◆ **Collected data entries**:
^^^^

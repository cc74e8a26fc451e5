-- ===== src/Providers.antt =====
-- packages/providers/lifeos_providers/router.py: which provider, model and key answers an agent.
mod Values
mod Choices
mod Completing
pub mod Serving
pub mod Priorities
unfoldable pub use Values.*
unfoldable pub use Choices.*
unfoldable pub use Completing.*
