-- ===== src/Captures/Answers.antt =====
-- `_draft_from_provider_json`.
use life_os_vnex.Prelude.{
  String, true, Option, none, some, List, [], ◌∷◌, if◌then◌else◌, ◌==◌, or_default,
}
use life_os_vnex.Prelude.Text.{◌⧺◌, take_text}
use life_os_vnex.Prelude.Json.{
  Json, Items, Fields, null, bool, str, arr, obj, nil, cons, end, object, get_or, or_json, set,
  contains, truthy,
}
use life_os_vnex.Prelude.Env.{Env, text_of}
use life_os_vnex.State.{Exception, Result, ok, raise}
use life_os_vnex.Orchestrator.{Draft}
use life_os_vnex.Bus.{list_of, float_of}
use life_os_vnex.Providers.{◌>>?◌}

abbrev required : List String
required =
    "agent_id" ∷ "domain" ∷ "intent_labels" ∷ "confidence" ∷ "sensitivity" ∷ "risk_level" ∷ "title"
    ∷ []

-- `", ".join` of the keys that are missing.
unfoldable pub missing_keys : Fields → List String → String → String
missing_keys d [] sep = ""
missing_keys d (k ∷ ks) sep =
    let rest = missing_keys d ks sep in
    let next = missing_keys d ks ", " in if contains k d then rest else sep ⧺ k ⧺ next

abbrev list_from : Items → List Json
list_from nil = []
list_from (cons x xs) = x ∷ list_from xs

-- `action.setdefault("payload", {})` and the capture in it.
unfoldable pub with_source : String → Fields → Fields
with_source capture_id action = elim (get_or "payload" (obj end) action) [
  | obj payload ↦
      set "payload"
        (obj (
          if contains "source_capture_id" payload
          then payload
          else set "source_capture_id" (str capture_id) payload))
        action
  | _ ↦ action
]

abbrev no_action : Json
no_action = object (
    ("command_type", str "none")
    ∷ ("risk_level", str "safe_internal_read")
    ∷ ("payload", obj end)
    ∷ [])

-- The action of a provider's answer, which has to be a dict with a command type.
unfoldable pub proposed_of : Fields → Result Fields
proposed_of parsed = elim (or_json (get_or "proposed_action" null parsed) no_action) [
  | obj action ↦
      if contains "command_type" action
      then ok action
      else raise (Exception.value_error "Provider JSON proposed_action invalid")
  | _ ↦ raise (Exception.value_error "Provider JSON proposed_action invalid")
]

abbrev quoted : Option String → String
quoted raw = "AI draft from capture:\n\n> " ⧺ or_default raw ""

module _ (env : Env) where
  abbrev texts_from : Items → List String
  texts_from nil = []
  texts_from (cons x xs) = text_of env x ∷ texts_from xs

  -- The draft of an answer that has the keys it needs.
  unfoldable pub draft_of_fields : String → Option String → Fields → Result Draft
  draft_of_fields capture_id raw parsed = proposed_of parsed >>? λ action.
      list_of (get_or "intent_labels" (arr nil) parsed) >>? λ labels.
      float_of env (get_or "confidence" null parsed) >>? λ confidence.
      list_of (or_json (get_or "missing_context" null parsed) (arr nil)) >>? λ missing. ok (record {
        agent_id = text_of env (get_or "agent_id" null parsed);
        domain = text_of env (get_or "domain" null parsed);
        sensitivity = text_of env (get_or "sensitivity" null parsed);
        intent_labels = texts_from labels;
        confidence = confidence;
        risk_level = text_of env (get_or "risk_level" null parsed);
        title = take_text 200 (text_of env (get_or "title" null parsed));
        body_md = text_of env (or_json (get_or "body_md" null parsed) (str (quoted raw)));
        proposed_action = with_source capture_id action;
        needs_review = truthy (get_or "needs_review" (bool true) parsed);
        missing_context = some (list_from missing);
      })

  -- `_draft_from_provider_json`; an answer that is no dict lacks every key here.
  unfoldable pub draft_from_provider : String → String → Option String → Result Draft
  draft_from_provider capture_id content raw = elim (env.json_of_text content) [
    | none ↦ raise (Exception.value_error "Expecting value")
    | some (obj parsed) ↦
        if missing_keys parsed required "" == ""
        then draft_of_fields capture_id raw parsed
        else raise (
            Exception.value_error
              ("Provider JSON missing keys: " ⧺ missing_keys parsed required ""))
    | some other ↦
        raise
          (Exception.value_error ("Provider JSON missing keys: " ⧺ missing_keys end required ""))
  ]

^^^^

◆ **The problem**: Repeat all of the records, letter for letter.

◆ **Response to this exercise**:
repository cc74e8a26fc451e5
-- ===== src/Providers.antt =====
-- packages/providers/lifeos_providers/router.py: which provider, model and key answers an agent.
mod Values
mod Choices
mod Completing
pub mod Serving
pub mod Priorities
unfoldable pub use Values.*
unfoldable pub use Choices.*
unfoldable pub use Completing.*
-- ===== src/Captures/Answers.antt =====
-- `_draft_from_provider_json`.
use life_os_vnex.Prelude.{
  String, true, Option, none, some, List, [], ◌∷◌, if◌then◌else◌, ◌==◌, or_default,
}
use life_os_vnex.Prelude.Text.{◌⧺◌, take_text}
use life_os_vnex.Prelude.Json.{
  Json, Items, Fields, null, bool, str, arr, obj, nil, cons, end, object, get_or, or_json, set,
  contains, truthy,
}
use life_os_vnex.Prelude.Env.{Env, text_of}
use life_os_vnex.State.{Exception, Result, ok, raise}
use life_os_vnex.Orchestrator.{Draft}
use life_os_vnex.Bus.{list_of, float_of}
use life_os_vnex.Providers.{◌>>?◌}

abbrev required : List String
required =
    "agent_id" ∷ "domain" ∷ "intent_labels" ∷ "confidence" ∷ "sensitivity" ∷ "risk_level" ∷ "title"
    ∷ []

-- `", ".join` of the keys that are missing.
unfoldable pub missing_keys : Fields → List String → String → String
missing_keys d [] sep = ""
missing_keys d (k ∷ ks) sep =
    let rest = missing_keys d ks sep in
    let next = missing_keys d ks ", " in if contains k d then rest else sep ⧺ k ⧺ next

abbrev list_from : Items → List Json
list_from nil = []
list_from (cons x xs) = x ∷ list_from xs

-- `action.setdefault("payload", {})` and the capture in it.
unfoldable pub with_source : String → Fields → Fields
with_source capture_id action = elim (get_or "payload" (obj end) action) [
  | obj payload ↦
      set "payload"
        (obj (
          if contains "source_capture_id" payload
          then payload
          else set "source_capture_id" (str capture_id) payload))
        action
  | _ ↦ action
]

abbrev no_action : Json
no_action = object (
    ("command_type", str "none")
    ∷ ("risk_level", str "safe_internal_read")
    ∷ ("payload", obj end)
    ∷ [])

-- The action of a provider's answer, which has to be a dict with a command type.
unfoldable pub proposed_of : Fields → Result Fields
proposed_of parsed = elim (or_json (get_or "proposed_action" null parsed) no_action) [
  | obj action ↦
      if contains "command_type" action
      then ok action
      else raise (Exception.value_error "Provider JSON proposed_action invalid")
  | _ ↦ raise (Exception.value_error "Provider JSON proposed_action invalid")
]

abbrev quoted : Option String → String
quoted raw = "AI draft from capture:\n\n> " ⧺ or_default raw ""

module _ (env : Env) where
  abbrev texts_from : Items → List String
  texts_from nil = []
  texts_from (cons x xs) = text_of env x ∷ texts_from xs

  -- The draft of an answer that has the keys it needs.
  unfoldable pub draft_of_fields : String → Option String → Fields → Result Draft
  draft_of_fields capture_id raw parsed = proposed_of parsed >>? λ action.
      list_of (get_or "intent_labels" (arr nil) parsed) >>? λ labels.
      float_of env (get_or "confidence" null parsed) >>? λ confidence.
      list_of (or_json (get_or "missing_context" null parsed) (arr nil)) >>? λ missing. ok (record {
        agent_id = text_of env (get_or "agent_id" null parsed);
        domain = text_of env (get_or "domain" null parsed);
        sensitivity = text_of env (get_or "sensitivity" null parsed);
        intent_labels = texts_from labels;
        confidence = confidence;
        risk_level = text_of env (get_or "risk_level" null parsed);
        title = take_text 200 (text_of env (get_or "title" null parsed));
        body_md = text_of env (or_json (get_or "body_md" null parsed) (str (quoted raw)));
        proposed_action = with_source capture_id action;
        needs_review = truthy (get_or "needs_review" (bool true) parsed);
        missing_context = some (list_from missing);
      })

  -- `_draft_from_provider_json`; an answer that is no dict lacks every key here.
  unfoldable pub draft_from_provider : String → String → Option String → Result Draft
  draft_from_provider capture_id content raw = elim (env.json_of_text content) [
    | none ↦ raise (Exception.value_error "Expecting value")
    | some (obj parsed) ↦
        if missing_keys parsed required "" == ""
        then draft_of_fields capture_id raw parsed
        else raise (
            Exception.value_error
              ("Provider JSON missing keys: " ⧺ missing_keys parsed required ""))
    | some other ↦
        raise
          (Exception.value_error ("Provider JSON missing keys: " ⧺ missing_keys end required ""))
  ]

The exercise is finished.